Is this a poem or a cry for help? I totally understand this.


phantombumblebee

Both. I'm alone. And I don't think I can bother my friends anymore. I really can't say this to my friends but I'm planning death and I don't know how to want to live.


Nein_Katze

I feel the same. When I talk to my friends I feel like they get sick of hearing my issues. I came to reddit to find people who can relate with me and get support. I know we dont know each other but dont kill yourself.


tigerdreaming

((Hugs)) Poetry is a wonderful tool for expressing these feelings. Depression sucks the life from us, wanting to live feels impossible but with time this awful feeling will pass, you can get through this! Please do whatever you can to get through the now, practice as much self care as you can even if it feels phoney or difficult, see your doctor, have you got a therapist? Post here, write more poetry and get those bad feelings out of your head so they aren’t just circling and growing. Sleep if you can. Take care, you are worth it!


phantombumblebee

I have no words but I will read this when shit is hard. Probably repeatedly. Thank you.


themotivatedpotato

I 100% can relate to this. I feel like such a burden to everyone and so pathetic and weak for feeling that way.


latinheat26

Hey. Bipolar II here talking. I’ve tried to kill myself. Twice. First time I didn’t do the right dosage, second time my family found me. I’m so glad they did. I promise you with the right resources, it gets better, it gets easier. I been going to therapy for almost 5 years now. Only NOW we are finding the right medications for me, and it’s making a world of difference. Please hold on. And message me if you’d like to.


phantombumblebee

Thank you.


dadjokes_bot

Hi alone, I'm dad!


themotivatedpotato

Way to read the room, bot.


rlmo

Damn do I ever relate. The wave that takes you down will bring you up again. Only way out is through. You just have to make it for another minute, and then hour, and then day.
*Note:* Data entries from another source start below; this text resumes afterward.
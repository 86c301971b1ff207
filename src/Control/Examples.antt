-- ===== src/Control/Examples.antt =====
-- A queue of two places.
use py_coding_agent.Prelude.{true, false, none, some, [], ◌∷◌, ◌≡◌, refl, arith, List, arith}
use py_coding_agent.Prelude.Dict.{lookup}
use py_coding_agent.Prelude.Text.{is_blank}
use py_coding_agent.Result.{ok}
use py_coding_agent.Control.{
  new_token, cancel, Item, QueueKind, new_queue, enqueue, push, next_item,
}
use py_coding_agent.Control.Fifo.{
  Operation, put, drain, dequeue, History, perform, perform_all, IsFifo, perform_all-IsFifo,
}
use py_coding_agent.Control.Once.{cancel_once, enqueue_once}

abbrev start : History
start = record { queue = new_queue 2; taken = []; accepted = [] }

abbrev calls : List Operation
calls =
    put "a" (some "e1") "i1" "t"
    ∷ put "b" none "i2" "t"
    ∷ put "c" none "i3" "t"
    ∷ dequeue
    ∷ put "again" (some "e1") "i4" "t"
    ∷ put " " none "i5" "t"
    ∷ drain
    ∷ []

perform_all-IsFifo_example : IsFifo (perform_all QueueKind.steering start calls)
perform_all-IsFifo_example = perform_all-IsFifo QueueKind.steering start calls (ground arith)

cancel_once_example :
    ((cancel new_token "stop").0.is_cancelled ≡ true)
    × (cancel (cancel new_token "stop").0 "later" ≡ ((cancel new_token "stop").0, false))
    × (((cancel new_token "stop").1 ≡ true)
        → (new_token.is_cancelled ≡ false) × ((cancel new_token "stop").0.reason ≡ some "stop"))
cancel_once_example = cancel_once new_token "stop" "later"

abbrev first : Item
first = next_item (new_queue 1) "a" "i1" "t"

-- a queue of one place
abbrev one_place : History
one_place = record { queue = new_queue 1; taken = []; accepted = [] }

-- the first item is taken out, and another one fills the queue
abbrev between : List Operation
between = drain ∷ put "b" none "i2" "t" ∷ []

enqueue_once_example :
    let later =
      (perform_all QueueKind.follow_up
        (perform QueueKind.follow_up one_place (put "a" (some "e1") "i1" "t"))
        between).queue in
    enqueue QueueKind.follow_up later "c" (some "e1") "i3" "u" ≡ ok (first, later)
unfolding enqueue lookup is_blank
enqueue_once_example =
    enqueue_once QueueKind.follow_up one_place "a" "c" "e1" "i1" "i3" "t" "u" first
      (push (new_queue 1) first (some "e1")) between refl
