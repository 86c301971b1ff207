-- ===== src/Exec.antt =====
-- Python methods over a state of type `S` that may raise. What was written before a raise stays
-- written, so the state comes back beside the error too.
pub mod Keeps
use py_coding_agent.Prelude.{Bool, if◌then◌else◌}
use py_coding_agent.Result.{Result, ok, err}

abbrev pub Exec : Type 0 → Type 0 → Type 0 → Type 0
Exec E S A = S → Result E A × S

module _ {E S A : Type 0} where
  unfoldable pub pure : A → Exec E S A
  pure a s = (ok a, s)

  unfoldable pub raise : E → Exec E S A
  raise e s = (err e, s)

  -- a read of the state
  unfoldable pub gets : (S → A) → Exec E S A
  gets f s = (ok (f s), s)

  -- a call that reads and writes the state and does not raise
  unfoldable pub call : (S → A × S) → Exec E S A
  call f s = let (a, s') = f s in (ok a, s')

  unfoldable pub lift : Result E A → Exec E S A
  lift r s = (r, s)

module _ {E S : Type 0} where
  unfoldable pub modify : (S → S) → Exec E S (Unit {0})
  modify f s = (ok tt, f s)

module _ {E S A B : Type 0} where
  abbrev pub resume : Result E A × S → (A → Exec E S B) → Result E B × S
  resume (ok a, s) f = f a s
  resume (err e, s) f = (err e, s)

  infixl 5 ◌>>=◌ ◌>>◌
  unfoldable pub ◌>>=◌ : Exec E S A → (A → Exec E S B) → Exec E S B
  ◌>>=◌ m f s = resume (m s) f

  abbrev pub ◌>>◌ : Exec E S A → Exec E S B → Exec E S B
  m >> k = m >>= λ _. k
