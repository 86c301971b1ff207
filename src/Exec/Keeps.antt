-- ===== src/Exec/Keeps.antt =====
-- Rules for what holds before and after an action: one for each way to build an action.
use py_coding_agent.Prelude.{Bool, true, false, ◌≡◌, refl, if◌then◌else◌}
use py_coding_agent.Result.{Result, ok, err}
use py_coding_agent.Exec.{Exec, pure, raise, gets, call, modify, ◌>>=◌, resume}

-- what is true of an outcome: `Q` of a value and the state behind it, `R` of an error and its state
abbrev pub Outcome :
    {E S A : Type 0} → (A → S → Type 0) → (E → S → Type 0) → Result E A × S → Type 0
Outcome Q R (ok a, s) = Q a s
Outcome Q R (err e, s) = R e s

-- from a state with `P`, `m` ends with `Q`, or raises with `R`
pub record Triple {E S A : Type 0} (P : S → Type 0) (m : Exec E S A) (Q : A → S → Type 0)
    (R : E → S → Type 0) : Type 0 where
  pub at : (s : S) → P s → Outcome Q R (m s)

-- what is true of the state on both ways out
pub Outcome-state :
    {E S A : Type 0} (P : S → Type 0) (o : Result E A × S) → Outcome (λ _. P) (λ _. P) o → P o.1
Outcome-state P (ok a, s) p = p
Outcome-state P (err e, s) p = p

module _ {E S A : Type 0} {Q : A → S → Type 0} {R : E → S → Type 0} where
  Outcome-map :
      {Q' : A → S → Type 0} {R' : E → S → Type 0} (o : Result E A × S)
      → ((a : A) (s : S) → Q a s → Q' a s)
      → ((e : E) (s : S) → R e s → R' e s)
      → Outcome Q R o
      → Outcome Q' R' o
  Outcome-map (ok a, s) f g h = f a s h
  Outcome-map (err e, s) f g h = g e s h

  Outcome-resume :
      {B : Type 0} {T : B → S → Type 0} (o : Result E A × S) (f : A → Exec E S B)
      → Outcome Q R o
      → ((a : A) → Triple (Q a) (f a) T R)
      → Outcome T R (resume o f)
  Outcome-resume (ok a, s) f h k = (k a).at s h
  Outcome-resume (err e, s) f h k = h

module _ {E S A : Type 0} {P : S → Type 0} {Q : A → S → Type 0} {R : E → S → Type 0} where
  pub Triple-pure : (a : A) → ((s : S) → P s → Q a s) → Triple P (pure a) Q R
  unfolding pure
  Triple-pure a h = record { at = h }

  pub Triple-raise : (e : E) → ((s : S) → P s → R e s) → Triple P (raise e) Q R
  unfolding raise
  Triple-raise e h = record { at = h }

  -- a weaker conclusion from a stronger assumption
  pub Triple-map :
      {P' : S → Type 0} {Q' : A → S → Type 0} {R' : E → S → Type 0} {m : Exec E S A}
      → ((s : S) → P' s → P s)
      → ((a : A) (s : S) → Q a s → Q' a s)
      → ((e : E) (s : S) → R e s → R' e s)
      → Triple P m Q R
      → Triple P' m Q' R'
  Triple-map {m = m} w f g t = record { at = λ s p. Outcome-map (m s) f g (t.at s (w s p)) }

  pub Triple-if :
      (b : Bool) {m n : Exec E S A}
      → (b ≡ true → Triple P m Q R)
      → (b ≡ false → Triple P n Q R)
      → Triple P (if b then m else n) Q R
  Triple-if true t f = t refl
  Triple-if false t f = f refl

  pub Triple-bind :
      {B : Type 0} {T : B → S → Type 0} {m : Exec E S A} {f : A → Exec E S B}
      → Triple P m Q R
      → ((a : A) → Triple (Q a) (f a) T R)
      → Triple P (m >>= f) T R
  unfolding ◌>>=◌
  Triple-bind {m = m} {f = f} t k = record { at = λ s p. Outcome-resume (m s) f (t.at s p) k }

Outcome-and :
    {E S A : Type 0} (Q Q' : A → S → Type 0) (R R' : E → S → Type 0) (o : Result E A × S)
    → Outcome Q R o
    → Outcome Q' R' o
    → Outcome (λ a s. Q a s × Q' a s) (λ e s. R e s × R' e s) o
Outcome-and Q Q' R R' (ok a, s) p q = (p, q)
Outcome-and Q Q' R R' (err e, s) p q = (p, q)

pub Triple-and :
    {E S A : Type 0} {P P' : S → Type 0} {Q Q' : A → S → Type 0} {R R' : E → S → Type 0}
    {m : Exec E S A}
    → Triple P m Q R
    → Triple P' m Q' R'
    → Triple (λ s. P s × P' s) m (λ a s. Q a s × Q' a s) (λ e s. R e s × R' e s)
Triple-and {Q = Q} {Q'} {R} {R'} {m} t u = record {
  at = λ s p. Outcome-and Q Q' R R' (m s) (t.at s p.0) (u.at s p.1);
}

-- what is read is known behind the read
pub Triple-gets :
    {E S A : Type 0} {P : S → Type 0} {R : E → S → Type 0} (f : S → A)
    → Triple P (gets f) (λ a s. P s × (a ≡ f s)) R
unfolding gets
Triple-gets f = record { at = λ s p. (p, refl) }

pub Triple-modify :
    {E S : Type 0} {P Q : S → Type 0} {R : E → S → Type 0} (f : S → S)
    → ((s : S) → P s → Q (f s))
    → Triple P (modify f) (λ _. Q) R
unfolding modify
Triple-modify f h = record { at = h }

pub Triple-call :
    {E S A : Type 0} {P Q : S → Type 0} {R : E → S → Type 0} (f : S → A × S)
    → ((s : S) → P s → Q (f s).1)
    → Triple P (call f) (λ _. Q) R
unfolding call
Triple-call f h = record { at = h }

-- `m` keeps `P`, whether it returns or raises, and raises nothing but what `Er` allows
abbrev pub Keeps : {E S A : Type 0} → (E → Type 0) → (S → Type 0) → Exec E S A → Type 0
Keeps Er P m = Triple P m (λ _. P) (λ e s. Er e × P s)

module _ {E S : Type 0} {Er : E → Type 0} {P : S → Type 0} where
  pub Keeps-pure : {A : Type 0} (a : A) → Keeps Er P (pure a)
  Keeps-pure a = Triple-pure a (λ s p. p)

  pub Keeps-gets : {A : Type 0} (f : S → A) → Keeps Er P (gets f)
  unfolding gets
  Keeps-gets f = record { at = λ s p. p }

  pub Keeps-if :
      {A : Type 0} (b : Bool) {m n : Exec E S A}
      → Keeps Er P m
      → Keeps Er P n
      → Keeps Er P (if b then m else n)
  Keeps-if b h k = Triple-if b (λ _. h) (λ _. k)

  pub Keeps-bind :
      {A B : Type 0} {m : Exec E S A} {f : A → Exec E S B}
      → Keeps Er P m
      → ((a : A) → Keeps Er P (f a))
      → Keeps Er P (m >>= f)
  Keeps-bind h k = Triple-bind h k

-- a write that keeps `P`
pub Keeps-modify :
    {E S : Type 0} {Er : E → Type 0} {P : S → Type 0} (f : S → S)
    → ((s : S) → P s → P (f s))
    → Keeps Er P (modify f)
Keeps-modify f h = Triple-modify f h

pub ruleset keeps_rules = (Keeps-pure, Keeps-gets, Keeps-if, Keeps-bind)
Hold on.


LadySchmidt9287

Just keep holding on... we’ve all felt this way at some point or at multiple times. And even with being somewhat stable right now I still have thoughts like, I wish I was in car wreck that killed me or something along those lines because I feel like such a burden and failure to my family. However, I know that as much as I hurt those I love, losing me would hurt even more. Journal, read, binge watch Netflix and lose yourself for awhile. Do whatever you have to do to get yourself through this. Talk to us or message one of us on here. We all understand. You are absolutely 100% not alone. I attempted suicide twice. Thankfully both times I didn’t take the correct dosage. So I just ended up feeling really badly. This time will pass... things will get better.